| Aim of the task |
Copy each line from the data that has the word "List" in it.

++++++++++++++++++++

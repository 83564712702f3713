-- ===== src/Openai/Decoder/Sent.antt =====
-- What a decoded stream says of its start and its end, by what the upstream has sent.
use llmgate.Prelude.{
  ◌≡◌, ◌∙◌, sym, ap, inl, inr, true, false, not, ◌&&◌, ◌||◌, Bool, Option, some, List, [], ◌∷◌,
  Text, text, arith, Option-cases,
}
use llmgate.Neutral.{Value}
use llmgate.Events.{stops, starts, one_if}
use llmgate.Json.{get, as_array, and_then, first}
use llmgate.Upstream.{is_error, is_chunk, sends_chunk, sends_error, or_assoc, or_false}
use llmgate.Openai.Decoder.{Decoder, new_decoder, feed_value, feed}
use llmgate.Openai.Decoder.Stops.{on_choice-IsChoice, feed_all, decode, starts-decode}

-- A step has noted that a chunk came, and that an error came.
record Notes (chunk bad : Bool) (d d' : Decoder) : Type 0 where
  started : d'.started ≡ d.started || chunk
  failed : d'.failed ≡ d.failed || bad

Notes-none : (d : Decoder) → Notes false false d d
Notes-none d = record { started = sym (or_false d.started); failed = sym (or_false d.failed) }

feed_value-Notes :
    (parsed : Value) (d : Decoder)
    → Notes (is_chunk (some parsed)) (is_error (some parsed)) d (feed_value parsed d).1
unfolding feed_value
feed_value-Notes parsed d = elim (Option-cases (get (text "error") parsed)) [
  | inr (error, bad) ↦
      rw (bad, feed_value) (record { started = ground arith; failed = ground arith })
  | inl fine ↦
      let choice = and_then (and_then (get (text "choices") parsed) as_array) first in
      let begun : Decoder = record d { started = true } in
      let flags = (on_choice-IsChoice parsed choice begun).flags in
      rw (fine, feed_value)
        (record {
          started = ground (arith, flags.started);
          failed = flags.failed ∙ sym (or_false d.failed);
        })
]

module _ (from_str : Text → Option Value) where
  feed-Notes :
      (d : Decoder) (payload : Text)
      → Notes
          (is_chunk (from_str payload))
          (is_error (from_str payload))
          d
          (feed from_str d payload).1
  unfolding feed
  feed-Notes d payload = elim (Option-cases (from_str payload)) [
    | inl broken ↦ rw (broken, feed) (Notes-none d)
    | inr (parsed, good) ↦ rw (good, feed) (feed_value-Notes parsed d)
  ]

  feed_all-Notes :
      (d : Decoder) (payloads : List Text)
      → Notes
          (sends_chunk from_str payloads)
          (sends_error from_str payloads)
          d
          (feed_all from_str d payloads).1
  feed_all-Notes d [] = Notes-none d
  feed_all-Notes d (payload ∷ payloads) =
      let here = feed-Notes d payload in
      let later = feed_all-Notes (feed from_str d payload).1 payloads in
      record {
        started =
            later.started
            ∙ ap (λ b. b || sends_chunk from_str payloads) here.started
            ∙ or_assoc d.started (is_chunk (from_str payload)) (sends_chunk from_str payloads);
        failed =
            later.failed
            ∙ ap (λ b. b || sends_error from_str payloads) here.failed
            ∙ or_assoc d.failed (is_error (from_str payload)) (sends_error from_str payloads);
      }

  -- Whatever payloads the upstream sends: the decoded events hold one start if one of the payloads is
  -- JSON without an `error` in it, and none otherwise; nothing that is decoded before the end of the
  -- stream is a stop; and there is one stop in all if a payload was JSON without an `error` and none
  -- was JSON with one, and none otherwise, so that a stream with an error in it never ends as a
  -- success.
  pub starts-decode-sends_chunk :
      (payloads : List Text)
      → (starts (decode from_str payloads) ≡ one_if (sends_chunk from_str payloads))
        × (stops (feed_all from_str new_decoder payloads).0 ≡ 0)
        × (stops (decode from_str payloads)
            ≡ one_if (sends_chunk from_str payloads && not (sends_error from_str payloads)))
  starts-decode-sends_chunk payloads =
      let (begins, before, ends) = starts-decode from_str payloads in
      let noted = feed_all-Notes new_decoder payloads in
      (begins ∙ ap one_if noted.started, before, rw (noted.started, noted.failed) at ends)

++++++++++++++++++++

| Solution to the problem |
  ◌≡◌, ◌∙◌, sym, ap, inl, inr, true, false, not, ◌&&◌, ◌||◌, Bool, Option, some, List, [], ◌∷◌,
      (d : Decoder) (payloads : List Text)
      (payloads : List Text)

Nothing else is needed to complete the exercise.